Very nice views overall. There's also lots of wildlife in the region because it's in the wetlands. I saw bald eagles, a dophin fin in the bay, and a huge number of birds, storks, etc.

If you're in Florida near Orlando, go and see this. Budget for the whole day.


----------



## james4beach (Nov 15, 2012)

Note on costs. With the optional bus tour (which I recommend) it came to:

$50 admission
$25 Up-Close tour
$10 parking
$8 snacks (a full lunch would cost more)

In total, $98 USD after taxes. Not cheap. Check your hotel's tourist brochure stack as they have little coupons. Mine had $2.50 off admission.


----------



## wendi1 (Oct 2, 2013)

I am also crazy for space stuff, james... this one is on my little list. Thanks.


----------



## peterk (May 16, 2010)

Definitely a cool place to visit. By pure coincidence, I got to see shuttle Atlantis launch when I was in Florida back in 2008. It was simply amazing to watch!


----------



## nwmea (Sep 10, 2015)

Sounds amazing, its an awesome experience something you could only see in movies is not in front of your eyes but i have work a little to get more low price.


----------



## james4beach (Nov 15, 2012)

peterk said:


> Definitely a cool place to visit. By pure coincidence, I got to see shuttle Atlantis launch when I was in Florida back in 2008. It was simply amazing to watch!


Wow! That would be amazing


----------



## Dibs (May 26, 2011)

I went there last year and it was great! I think it is well worth your money, and if you compare it to Disneyworld or Universal Studios still 2-3 times cheaper.


----------



## Eclectic12 (Oct 20, 2010)

james4beach said:


> I spent all day at NASA's Kennedy Space Center near Cape Canaveral, Florida. I highly recommend seeing it ... I'm an electrical & computer engineer so I'll admit it ... I love space stuff. But I did not anticipate how much I'd LOVE this place ...


It is cool ... though I wished I'd allowed two days and investigated it earlier (see comment below).

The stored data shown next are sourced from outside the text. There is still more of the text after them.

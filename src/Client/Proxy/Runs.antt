-- ===== src/Client/Proxy/Runs.antt =====
-- Schedules of a proxy: what every step keeps, a schedule keeps.
use mathlib.Core.Option.{some-injective}
use yamrp.Prelude.{List, Option, Option-cases, [], inl, inr, none, some, subst, ◌∷◌, ◌≡◌}
use yamrp.Client.Proxy.{Event, Proxy, run, step, taken}

abbrev pub Ensures {ℓ} : (Proxy → Type ℓ) → Option Proxy → Type ℓ
Ensures P none = Unit
Ensures P (some p) = P p

pub run_cons :
    (e : Event) (es : List Event) (p : Proxy) {q : Proxy}
    → run (e ∷ es) p ≡ some q
    → (p' : Proxy) × (step e p ≡ some p') × (run es p' ≡ some q)
unfolding run
run_cons e es p {q} h = elim (Option-cases (step e p)) [
  | inl refused ↦ cc (rw (refused, run) at h)
  | inr (p', taken) ↦ (p', taken, rw (taken, run) at h)
]

pub run_keeps {ℓ} :
    (P : Proxy → Type ℓ)
    → ((e : Event) (p : Proxy) → P p → Ensures P (step e p))
    → (es : List Event) (p : Proxy) {q : Proxy} → P p
    → run es p ≡ some q
    → P q
unfolding run
run_keeps P keep [] p v h = subst P (some-injective _ _ h) v
run_keeps P keep (e ∷ es) p v h =
    let (p', taken, rest) = run_cons e es p h in
    run_keeps P keep es p' (subst (Ensures P) taken (keep e p v)) rest
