-- ===== src/Account/Held.antt =====
-- Holdings: what a list of balances holds of an asset, summed, and the canonical form of the list.
use zk_clob.Prelude.{
  ℕ, zero, suc, ◌+◌, ◌<◌, ◌≤◌, ◌≡◌, refl, List, [], ◌∷◌, some, get_elem?, set, insert_at, remove_at,
  ◌==◌, if◌then◌else◌, arith,
}
use zk_clob.Types.Ids.{AssetId}
use zk_clob.Types.Account.{AssetBalance}
use zk_clob.Account.{balance_in, with_available}

-- `amount` if the two assets are one, else nothing.
abbrev pub part : AssetId → AssetId → ℕ → ℕ
part asset other amount = if other == asset then amount else 0

abbrev pub held : AssetId → List AssetBalance → ℕ
held asset [] = 0
held asset (b ∷ bs) = part asset b.asset b.available + held asset bs

-- The first entry, if any, is of a later asset.
abbrev pub IsBelow : AssetId → List AssetBalance → Type 0
IsBelow asset [] = Unit
IsBelow asset (b ∷ bs) = asset < b.asset

-- Ascending by asset, with no zero.
abbrev pub IsCanonical : List AssetBalance → Type 0
IsCanonical [] = Unit
IsCanonical (b ∷ bs) = (0 < b.available) × IsBelow b.asset bs × IsCanonical bs

pub held-IsBelow :
    (asset key : AssetId) (bs : List AssetBalance)
    → IsCanonical bs
    → IsBelow key bs
    → asset ≤ key
    → held asset bs ≡ 0
held-IsBelow asset key [] h below le = refl
held-IsBelow asset key (b ∷ bs) h below le =
    ground (arith, held-IsBelow asset b.asset bs h.2 h.1 (omega arith))

-- A canonical list has one entry for an asset, so the first entry found is the sum.
pub balance_in-eq-held :
    (asset : AssetId) (bs : List AssetBalance)
    → IsCanonical bs
    → balance_in bs asset ≡ held asset bs
balance_in-eq-held asset [] h = refl
balance_in-eq-held asset (b ∷ bs) h =
    ground (arith, balance_in-eq-held asset bs h.2, held-IsBelow asset b.asset bs h.2 h.1)

-- The sum after each change of one entry.
pub held-set :
    (asset : AssetId) (bs : List AssetBalance) (i n : ℕ) {b : AssetBalance}
    → get_elem? bs i ≡ some b
    → held asset (set bs i (with_available b n)) + part asset b.asset b.available
      ≡ held asset bs + part asset b.asset n
held-set asset [] i n e = cc
held-set asset (x ∷ bs) zero n e = ground arith
held-set asset (x ∷ bs) (suc i) n e = omega (arith, held-set asset bs i n e)

pub held-remove_at :
    (asset : AssetId) (bs : List AssetBalance) (i : ℕ) {b : AssetBalance}
    → get_elem? bs i ≡ some b
    → held asset (remove_at bs i) + part asset b.asset b.available ≡ held asset bs
held-remove_at asset [] i e = cc
held-remove_at asset (x ∷ bs) zero e = ground arith
held-remove_at asset (x ∷ bs) (suc i) e = omega (arith, held-remove_at asset bs i e)

pub held-insert_at :
    (asset : AssetId) (bs : List AssetBalance) (i : ℕ) (b : AssetBalance)
    → held asset (insert_at bs i b) ≡ held asset bs + part asset b.asset b.available
held-insert_at asset [] i b = omega arith
held-insert_at asset (x ∷ bs) zero b = omega arith
held-insert_at asset (x ∷ bs) (suc i) b = omega (arith, held-insert_at asset bs i b)
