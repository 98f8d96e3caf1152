-- ===== src/Account/Canonical.antt =====
-- The canonical form of a list of balances, and changes of one entry.
use zk_clob.Prelude.{
  ℕ, zero, suc, ◌<◌, ◌≡◌, refl, List, [], ◌∷◌, some, Search, found, vacant, inl, inr, get_elem?,
  set, insert_at, remove_at, further, ltb, ltb→lt, ◌==◌, Bool-cases, arith,
}
use zk_clob.Types.Ids.{AssetId}
use zk_clob.Types.Account.{AssetBalance}
use zk_clob.Account.{find_asset, with_available}
use zk_clob.Account.Held.{held, held-IsBelow, IsBelow, IsCanonical}

IsBelow-get_elem? :
    (key : AssetId) (bs : List AssetBalance) (i : ℕ) {b : AssetBalance}
    → IsCanonical bs
    → IsBelow key bs
    → get_elem? bs i ≡ some b
    → key < b.asset
IsBelow-get_elem? key [] i h below e = cc
IsBelow-get_elem? key (x ∷ bs) zero h below e = ground arith
IsBelow-get_elem? key (x ∷ bs) (suc i) h below e =
    omega (arith, IsBelow-get_elem? x.asset bs i h.2 h.1 e)

-- The entry of an asset is all that is held of it.
pub held-get_elem? :
    (bs : List AssetBalance) (i : ℕ) {b : AssetBalance}
    → IsCanonical bs
    → get_elem? bs i ≡ some b
    → held b.asset bs ≡ b.available
held-get_elem? [] i h e = cc
held-get_elem? (x ∷ bs) zero h e = ground (arith, held-IsBelow x.asset x.asset bs h.2 h.1)
held-get_elem? (x ∷ bs) (suc i) h e =
    ground (arith, held-get_elem? bs i h.2 e, IsBelow-get_elem? x.asset bs i h.2 h.1 e)

pub get_elem?_positive :
    (bs : List AssetBalance) (i : ℕ) {b : AssetBalance}
    → IsCanonical bs
    → get_elem? bs i ≡ some b
    → 0 < b.available
get_elem?_positive [] i h e = cc
get_elem?_positive (x ∷ bs) zero h e = ground arith
get_elem?_positive (x ∷ bs) (suc i) h e = get_elem?_positive bs i h.2 e

IsBelow-set :
    (key : AssetId) (bs : List AssetBalance) (i n : ℕ) {b : AssetBalance}
    → get_elem? bs i ≡ some b
    → IsBelow key bs
    → IsBelow key (set bs i (with_available b n))
IsBelow-set key [] i n e h = cc
IsBelow-set key (x ∷ bs) zero n e h = ground arith
IsBelow-set key (x ∷ bs) (suc i) n e h = h

pub set-IsCanonical :
    (bs : List AssetBalance) (i n : ℕ) {b : AssetBalance}
    → get_elem? bs i ≡ some b
    → 0 < n
    → IsCanonical bs
    → IsCanonical (set bs i (with_available b n))
set-IsCanonical [] i n e pos h = cc
set-IsCanonical (x ∷ bs) zero n e pos h = ground arith
set-IsCanonical (x ∷ bs) (suc i) n e pos h =
    (h.0, IsBelow-set x.asset bs i n e h.1, set-IsCanonical bs i n e pos h.2)

IsBelow-trans :
    (low key : AssetId) (bs : List AssetBalance) → low < key → IsBelow key bs → IsBelow low bs
IsBelow-trans low key [] lt h = tt
IsBelow-trans low key (x ∷ bs) lt h = omega arith

IsBelow-remove_at :
    (key : AssetId) (bs : List AssetBalance) (i : ℕ)
    → IsCanonical bs
    → IsBelow key bs
    → IsBelow key (remove_at bs i)
IsBelow-remove_at key [] i c h = tt
IsBelow-remove_at key (x ∷ bs) zero c h = IsBelow-trans key x.asset bs h c.1
IsBelow-remove_at key (x ∷ bs) (suc i) c h = h

pub remove_at-IsCanonical :
    (bs : List AssetBalance) (i : ℕ) → IsCanonical bs → IsCanonical (remove_at bs i)
remove_at-IsCanonical [] i h = tt
remove_at-IsCanonical (x ∷ bs) zero h = h.2
remove_at-IsCanonical (x ∷ bs) (suc i) h =
    (h.0, IsBelow-remove_at x.asset bs i h.2 h.1, remove_at-IsCanonical bs i h.2)

IsBelow-insert_at :
    (key : AssetId) (bs : List AssetBalance) (i : ℕ) (b : AssetBalance)
    → key < b.asset
    → IsBelow key bs
    → IsBelow key (insert_at bs i b)
IsBelow-insert_at key [] i b lt h = lt
IsBelow-insert_at key (x ∷ bs) zero b lt h = lt
IsBelow-insert_at key (x ∷ bs) (suc i) b lt h = h

-- Where the search ends without a hit, nothing is held and an entry can go in.
abbrev pub IsPlace : AssetBalance → List AssetBalance → Search → Type 0
IsPlace b bs (found i) = Unit
IsPlace b bs (vacant i) = (held b.asset bs ≡ 0) × IsCanonical (insert_at bs i b)

further-IsPlace :
    (b x : AssetBalance) (bs : List AssetBalance) (s : Search)
    → IsCanonical (x ∷ bs)
    → x.asset < b.asset
    → IsPlace b bs s
    → IsPlace b (x ∷ bs) (further s)
further-IsPlace b x bs (found i) h lt p = tt
further-IsPlace b x bs (vacant i) h lt p =
    (ground arith, (h.0, IsBelow-insert_at x.asset bs i b lt h.1, p.1))

pub find_asset-IsPlace :
    (b : AssetBalance) (bs : List AssetBalance)
    → 0 < b.available
    → IsCanonical bs
    → IsPlace b bs (find_asset bs b.asset)
find_asset-IsPlace b [] pos h = (refl, (pos, tt, tt))
find_asset-IsPlace b (x ∷ bs) pos h = elim (Bool-cases (ltb x.asset b.asset)) [
  | inl below ↦ rw below (
      further-IsPlace b x bs (find_asset bs b.asset) h (ltb→lt _ _ below)
        (find_asset-IsPlace b bs pos h.2))
  | inr above ↦ elim (Bool-cases (x.asset == b.asset)) [
    | inl same ↦ rw (above, same) tt
    | inr other ↦
        rw (above, other)
          (ground (arith, held-IsBelow b.asset x.asset bs h.2 h.1), (pos, ground arith, h))
  ]
]
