-- ===== src/Account/Laws.antt =====
-- `debit` and `credit`, types/account.rs, on every branch.
use zk_clob.Prelude.{
  ℕ, ◌+◌, ◌-◌, ◌<◌, ◌≤◌, ◌≡◌, refl, true, false, List, some, Search, found, vacant, get_elem?, set,
  remove_at, inl, inr, ltb, ◌==◌, Bool-cases, binary_search_by_key-IsResult, IsResult, u128_mod,
  checked_sub, checked_add, arith, ◌⊎◌,
}
use zk_clob.Types.Ids.{AssetId}
use zk_clob.Types.Account.{AssetBalance, Account}
use zk_clob.Types.Errors.{Result, ok, err, panic, insufficient_balance, arithmetic_overflow}
use zk_clob.Account.{find_asset, with_available, debit_at, debit, credit_at, credit}
use zk_clob.Account.Held.{part, held, IsCanonical, held-set, held-remove_at, held-insert_at}
use zk_clob.Account.Canonical.{
  held-get_elem?, get_elem?_positive, set-IsCanonical, remove_at-IsCanonical, IsPlace,
  find_asset-IsPlace,
}

-- The account after a debit: nothing but the holding of one asset has changed.
pub record IsDebited (a : Account) (asset : AssetId) (amount : ℕ) (a' : Account) : Type 0 where
  pub same_id : a'.id ≡ a.id
  pub same_nonce : a'.next_nonce ≡ a.next_nonce
  pub canonical : IsCanonical a'.balances
  pub moved :
      (other : AssetId) → held other a'.balances + part other asset amount ≡ held other a.balances

pub record IsCredited (a : Account) (asset : AssetId) (amount : ℕ) (a' : Account) : Type 0 where
  pub same_id : a'.id ≡ a.id
  pub same_nonce : a'.next_nonce ≡ a.next_nonce
  pub canonical : IsCanonical a'.balances
  pub moved :
      (other : AssetId) → held other a'.balances ≡ held other a.balances + part other asset amount

-- The results of a debit: the exact debit, or the exact shortfall.
abbrev pub DebitResult : Account → AssetId → ℕ → Result Account → Type 0
DebitResult a asset amount (ok a') = (amount ≤ held asset a.balances) × IsDebited a asset amount a'
DebitResult a asset amount (err e) =
    ((held asset a.balances < amount) ⊎ (held asset a.balances ≡ 0))
    × (e ≡ insufficient_balance a.id asset (held asset a.balances) amount)
DebitResult a asset amount panic = ⊥

-- The results of a credit: the exact credit, or a sum that does not fit 128 bits.
abbrev pub CreditResult : Account → AssetId → ℕ → Result Account → Type 0
CreditResult a asset amount (ok a') = IsCredited a asset amount a'
CreditResult a asset amount (err e) =
    (u128_mod ≤ held asset a.balances + amount) × (e ≡ arithmetic_overflow)
CreditResult a asset amount panic = ⊥

leb_of_ltb : (a b : ℕ) → ltb a b ≡ false → b ≤ a
leb_of_ltb a b h = ground arith

-- A search that ends without a hit: nothing is held.
abbrev IsVacantOf : AssetId → List AssetBalance → Search → Type 0
IsVacantOf asset bs (found i) = Unit
IsVacantOf asset bs (vacant i) = held asset bs ≡ 0

IsVacantOf-of_IsPlace :
    (b : AssetBalance) (bs : List AssetBalance) (s : Search)
    → IsPlace b bs s
    → IsVacantOf b.asset bs s
IsVacantOf-of_IsPlace b bs (found i) p = tt
IsVacantOf-of_IsPlace b bs (vacant i) p = p.0

find_asset-IsVacantOf :
    (asset : AssetId) (bs : List AssetBalance)
    → IsCanonical bs
    → IsVacantOf asset bs (find_asset bs asset)
find_asset-IsVacantOf asset bs h =
    IsVacantOf-of_IsPlace (record { asset = asset; available = 1 }) bs (find_asset bs asset)
      (find_asset-IsPlace (record { asset = asset; available = 1 }) bs (omega arith) h)

module _ (a : Account) (asset : AssetId) (amount : ℕ) (h : IsCanonical a.balances) where
  module _ (i : ℕ) (b : AssetBalance) (e : get_elem? a.balances i ≡ some b)
      (same : b.asset ≡ asset) where
    full : held asset a.balances ≡ b.available
    full = rw same at (held-get_elem? a.balances i h e)

    debit-set :
        amount ≤ b.available
        → (b.available - amount == 0) ≡ false
        → IsDebited a asset amount
            (record a { balances = set a.balances i (with_available b (b.available - amount)) })
    debit-set le left = record {
      same_id = refl;
      same_nonce = refl;
      canonical = set-IsCanonical a.balances i (b.available - amount) e (ground arith) h;
      moved = λ other. ground (arith, held-set other a.balances i (b.available - amount) e);
    }

    debit-remove_at :
        amount ≤ b.available
        → (b.available - amount == 0) ≡ true
        → IsDebited a asset amount (record a { balances = remove_at a.balances i })
    debit-remove_at le left = record {
      same_id = refl;
      same_nonce = refl;
      canonical = remove_at-IsCanonical a.balances i h;
      moved = λ other. ground (arith, held-remove_at other a.balances i e);
    }

    debit_at-result : DebitResult a asset amount (debit_at a asset amount i)
    unfolding checked_sub
    debit_at-result = elim (Bool-cases (ltb b.available amount)) [
      | inl short ↦ rw (e, short, full) (inl (ground arith), refl)
      | inr enough ↦ elim (Bool-cases (b.available - amount == 0)) [
        | inl gone ↦
            rw (e, enough, gone)
              (
                omega (arith, full, leb_of_ltb b.available amount enough),
                debit-remove_at (leb_of_ltb b.available amount enough) gone,
              )
        | inr left ↦
            rw (e, enough, left)
              (
                omega (arith, full, leb_of_ltb b.available amount enough),
                debit-set (leb_of_ltb b.available amount enough) left,
              )
      ]
    ]

    credit_at-found : CreditResult a asset amount (credit_at a asset amount (found i))
    unfolding checked_add
    credit_at-found = elim (Bool-cases (ltb (b.available + amount) u128_mod)) [
      | inl fits ↦
          rw (e, fits)
            (record {
              same_id = refl;
              same_nonce = refl;
              canonical =
                  set-IsCanonical a.balances i (b.available + amount) e
                    (omega (arith, get_elem?_positive a.balances i h e)) h;
              moved = λ other. ground (arith, held-set other a.balances i (b.available + amount) e);
            })
      | inr over ↦ rw (e, over) (ground (arith, full), refl)
    ]

  credit_at-vacant :
      (i : ℕ)
      → 0 < amount
      → IsPlace (record { asset = asset; available = amount }) a.balances (vacant i)
      → CreditResult a asset amount (credit_at a asset amount (vacant i))
  credit_at-vacant i pos place = record {
    same_id = refl;
    same_nonce = refl;
    canonical = place.1;
    moved =
        λ other. held-insert_at other a.balances i (record { asset = asset; available = amount });
  }

  debit-from :
      (s : Search)
      → IsResult (λ (b : AssetBalance). b.asset) a.balances asset s
      → IsVacantOf asset a.balances s
      → DebitResult a asset amount (elim s [
        | found i ↦ debit_at a asset amount i
        | vacant i ↦ err (insufficient_balance a.id asset 0 amount)
      ])
  debit-from (found i) r v = debit_at-result i r.0 r.1 r.2
  debit-from (vacant i) r v = rw v (inr refl, refl)

  credit-from :
      (s : Search)
      → 0 < amount
      → IsResult (λ (b : AssetBalance). b.asset) a.balances asset s
      → IsPlace (record { asset = asset; available = amount }) a.balances s
      → CreditResult a asset amount (credit_at a asset amount s)
  credit-from (found i) pos r place = credit_at-found i r.0 r.1 r.2
  credit-from (vacant i) pos r place = credit_at-vacant i pos place

  -- On a canonical account `debit` never panics. It takes exactly the amount from the one asset,
  -- leaves identity, nonce and every other holding, and keeps the account canonical, so that no zero
  -- entry stays; it fails only where less than the amount, or nothing, is held, with the holding and
  -- the amount in the error.
  pub debit_result : DebitResult a asset amount (debit a asset amount)
  unfolding debit
  debit_result =
      debit-from (find_asset a.balances asset) (binary_search_by_key-IsResult _ a.balances asset)
        (find_asset-IsVacantOf asset a.balances h)

  -- On a canonical account `credit` never panics. It adds exactly the amount to the one asset, leaves
  -- identity, nonce and every other holding, and keeps the account canonical; it fails only where
  -- the sum does not fit 128 bits.
  pub credit_result : CreditResult a asset amount (credit a asset amount)
  unfolding credit
  credit_result = elim (Bool-cases (amount == 0)) [
    | inl nothing ↦
        rw nothing (record {
          same_id = refl;
          same_nonce = refl;
          canonical = h;
          moved = λ other. ground arith;
        })
    | inr something ↦ rw something (
        credit-from (find_asset a.balances asset) (ground arith)
          (binary_search_by_key-IsResult _ a.balances asset)
          (find_asset-IsPlace (record { asset = asset; available = amount }) a.balances
            (ground arith) h))
  ]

If you are in Washington DC, then you'll probably love the couple of Smithsonian museums along this bent (as opposed to the art or American History ones). 


The National Air and Space Museum downtown at the Mall had a moon lander, rockets, a Russian spacecraft and the Apollo 11 Command Module Columbia. That's in addition to Charles Lindbergh's Spirit of St. Louis as well as the Rutan model 97 Voyager that flew the first successful aerial nonstop, non-refueled circumnavigation of the Earth that included two passes over. The Canadian connection is that the test flight in '86 broke the record set by a production Canadair CP-107 Argus of the RCAF.

http://airandspace.si.edu/visit/mall/


The Steven F. Udvar-Hazy center, by the Dulles Airport has an SR-71 Blackbird, a Concorde, one of the Japanese the Aichi M6A1 "Seiran" aircraft intended for the submarine air craft carrier, the Enola Gay B-29 Superfortress bomber, a concept vehicle for landing the apollo capsules on land, one of the isolation trailers for returning astronauts and some of the various cameras used by the space program.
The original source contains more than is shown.